Each of the blue/green, red/yellow and grey/black pairs are in a LAG and the LAGs form a loop over all switches which obviously needs RSTP to prevent packet storms. We use multiple VLANs to partition the switches into (usually) 6 broadcast domains. Each LAG is a VLAN trunk for all of them.
In the lab setup tested now, S1/S2 are DLINK DGS-1210-24 switches with latest firmware and S3/S4 are Netonix WS-24-400A with firmware 1.3.7. Yes, I know 1.3.8 is available now, but it was not when I started this setup and there isn't anything in the release notes that would indicate a fix for the problems I will report. Also, please excuse that the drawing shows connections to ports 25-28 which don't exist on the WS-24-400A of course but just imagine these cables are connected to ports 21-24 instead.
So we got the RSTP ring
S1.23===S3.23 S3.21===S4.21 S4.23===S2:23 S2.21===S1.21
S1.24===S3.24 S3.22===S4.22 S4.24===S2:24 S2.22===S2.22
where the 2 lines are LAG'ed with LACP/A on all ports.
S1 is the STP root bridge with priority 8192.
If S1 fails, S2 is supposed to become the root bridge with priority 16384.
S3 and S4 have priority 32768. "STP on LAGs" is enabled.
Problem #1:
With everything in RSTP left at its defaults, the loop would be prevented by RSTP like this:
S1.23===S3.23 S3.21===S4.21 S4.23<--S2:23 S2.21===S1.21
S1.24===S3.24 S3.22===S4.22 S4.24<--S2:24 S2.22===S2.22
That's not too bad, but (for reasons of where the traffic is expected) I want it to be like this
S1.23===S3.23 S3.21-->S4.21 S4.23===S2:23 S2.21===S1.21
S1.24===S3.24 S3.22-->S4.22 S4.24===S2:24 S2.22===S2.22
The appropriate thing to enforce this would be to add path cost on S4.21 and S4.22.
As the screenshot on the S4 Netonix shows, S4 selects the path to S3 as the root path, even if I add significant path cost to prevent right that. The DLINKs would have 19900 cost for GbE-links. So 50000 should be enough, and I even tried with 200000 and probably more.
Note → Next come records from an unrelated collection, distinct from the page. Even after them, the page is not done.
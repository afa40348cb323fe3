-- ===== src/RefDisk/Stuck.antt =====
-- src/refs/disk.rs: a transaction that sets a name and a name below it, which the backend in memory
-- takes.
use bole.Base.{
  Bool, true, false, some, is_some, List, [], ◌∷◌, ◌++◌, any, Bytes, bytes_eq, ◌==◌, contains,
  contains_head, io, err, ◌≡◌, refl, sym, ap, subst, ◌∙◌, arith, inl, inr, eq_iff, Bool-cases,
}
use bole.Base.Maps
use bole.Base.Maps.{Map, get-insert}
use bole.Refs.{RefName, Ref}
use bole.RefDisk.{
  Postcard, Plan, DiskRefBackend, ancestors, blocked, Call, create_dirs, call, run, set_calls,
  apply_plan, commit_calls, apply_atomic, recover_loop, recover,
}
use bole.RefDisk.Steps.{Apart, Clear, insert-Clear, dirs-Clear}
use bole.RefDisk.Planned.{Decodes, set_run, stored, run_fail, began, run-began}

any-found :
    (p : RefName → Bool) (xs : List RefName) (a : RefName)
    → contains xs a ≡ true
    → p a ≡ true
    → any p xs ≡ true
any-found p (x ∷ xs) a m h = elim (Bool-cases (a == x)) [
  | inl e ↦ rw (sym (ap p ((eq_iff a x).0 e)) ∙ h) refl
  | inr e ↦ ground (arith, e, any-found p xs a)
]
any-found p [] a m h = absurd (cc)

-- What is left of a commit that failed.
pub record IsStuck (c : Postcard) (d : DiskRefBackend) (journal : Bytes) (n m : RefName) (r s : Ref)
    (b : DiskRefBackend) : Type 0 where
  pub journal_there : b.journals ≡ (journal, c.plan_bytes ((n, some r) ∷ (m, some s) ∷ [])) ∷ []
  pub first_there : Maps.get b.files n ≡ some (c.ref_bytes r)
  pub second_missing : Maps.get b.files m ≡ Maps.get d.files m
  pub next_open : (recover c b).1 ≡ err io

module _ (c : Postcard) (d : DiskRefBackend) (journal : Bytes) (n m : RefName) (r s : Ref)
    (decodes : Decodes c ((n, some r) ∷ (m, some s) ∷ [])) (apart : Apart (n ∷ []))
    (clear : Clear (n ∷ []) d) (nested : contains (ancestors m) n ≡ true) where
  -- What `set` of the first name leaves.
  abbrev first_set : DiskRefBackend → DiskRefBackend
  first_set b = stored c (n ∷ []) apart b n (c.ref_bytes r)

  first_set-Clear : (b : DiskRefBackend) → Clear (n ∷ []) b → Clear (n ∷ []) (first_set b)
  first_set-Clear b h =
      insert-Clear (n ∷ []) apart (record b { dirs = ancestors n ++ b.dirs }) n _ _
        (contains_head n []) (dirs-Clear (n ∷ []) apart b n (contains_head n []) h)

  first_blocks : (b : DiskRefBackend) → blocked (first_set b) m ≡ true
  unfolding blocked
  first_blocks b = any-found _ (ancestors m) n nested there
    where
      there : is_some (Maps.get (Maps.insert b.files n (c.ref_bytes r)) n) ≡ true
      there = rw (get-insert b.files n (c.ref_bytes r) n, (eq_iff n n).1 refl) refl

  second_fails :
      (b : DiskRefBackend) (rest : List Call)
      → Clear (n ∷ []) b
      → run b (set_calls c n r ++ (create_dirs m ∷ rest)) ≡ (first_set b, err io)
  unfolding call
  second_fails b rest h =
      set_run c (n ∷ []) apart b n r (create_dirs m ∷ rest) (contains_head n []) h
      ∙ run_fail (first_set b) (first_set b) (create_dirs m) rest io
          (rw (first_blocks b, call) refl)

  abbrev plan : Plan
  plan = (n, some r) ∷ (m, some s) ∷ []

  after_failure : DiskRefBackend
  after_failure = first_set (began c d journal plan)

  began-Clear : Clear (n ∷ []) (began c d journal plan)
  began-Clear = record { above = clear.above; no_dir = clear.no_dir }

  differs : (m == n) ≡ false
  differs = elim (Bool-cases (m == n)) [
    | inl e ↦ absurd (
        cc (
          sym (apart n n (contains_head n []) (contains_head n []))
          ∙ ap (λ (x : RefName). contains (ancestors x) n) (sym ((eq_iff m n).0 e))
          ∙ nested))
    | inr e ↦ e
  ]

  fails_again :
      (b : DiskRefBackend)
      → Clear (n ∷ []) b
      → (recover_loop c ((journal, c.plan_bytes plan) ∷ []) b).1 ≡ err io
  unfolding recover_loop apply_plan set_calls
  fails_again b h = rw (recover_loop, decodes, second_fails b _ h) refl

  -- A transaction that sets a name and then a name below it fails between the two: the first ref is
  -- written, the second is not, and the journal stays, with which the next opening of the store
  -- fails. Nothing is in the way of the first name, no journal is left from before, and the bytes of
  -- the plan are read back.
  pub apply_atomic-IsStuck :
      d.journals ≡ []
      → (b : DiskRefBackend) × (apply_atomic c d journal plan ≡ (b, err io))
        × IsStuck c d journal n m r s b
  unfolding apply_atomic commit_calls after_failure apply_plan set_calls recover Maps.insert
  apply_atomic-IsStuck no_journal = (
    after_failure,
    run-began c d journal plan _ ∙ second_fails (began c d journal plan) _ began-Clear,
    record {
      journal_there = journals;
      first_there = get-insert d.files n (c.ref_bytes r) n ∙ rw ((eq_iff n n).1 refl) refl;
      second_missing = get-insert d.files n (c.ref_bytes r) m ∙ rw differs refl;
      next_open =
          subst (λ (j : Map Bytes Bytes). (recover_loop c j after_failure).1 ≡ err io)
            (sym journals) (fails_again after_failure (first_set-Clear _ began-Clear));
    },
  )
    where
      journals : after_failure.journals ≡ (journal, c.plan_bytes plan) ∷ []
      journals = ap (λ (j : Map Bytes Bytes). Maps.insert j journal (c.plan_bytes plan)) no_journal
The only way to get traffic out on S4.23 and S4.24 is by unplugging the LAG cable pair between S3 and S4.
But be careful as you are trying that, as this is how I discovered problem #2.
Problem #2:
In this setup, when I unplug the cable at S3:21 (and only this one) like this
S1.23===S3.23 S3.21 /// S4.21 S4.23===S2:23 S2.21===S1.21
S1.24===S3.24 S3.22===S4.22 S4.24===S2:24 S2.22===S2.22
a storm will start if there is at least one other port connected (not shown here) where packets are injected. The storm can be terminated by reconnecting S3 and S4 fully, i.e. with both LAG legs, or by unplugging the remaining leg.
Obviously, something is wrong with your LAG/RSTP implementation (and actually, as reported in a previous post but still unproven, I believe it is the LAG part). Do I hear you say it is the DLINK's fault? So take the DLINKs out of the picture, doing this (S3 and S4 are the Netonixes)
S4.23===S3.23 S3.21===S4.21
S4.24===S3.24 S3.22===S4.22
which works okay as expected, but as soon as one leg of a LAG is unplugged like this
S4.23===S3.23 S3.21 /// S4.21
S4.24===S3.24 S3.22===S4.22
the storm starts.
You might argue that this may depend on how I used the VLANs on these LAGs - but as a matter of fact it works well as long as both legs of all LAGs are connected and loosing one leg should never cause a storm to develop. You can believe me that the LAG ports have all T's on all VLANs and trunking 1-4096 is enabled.
Actually, I do have a problem #3, but I fear this would get us in the static LAG vs. LACP LAG debate again. So I will put this, if at all, into a separate thread.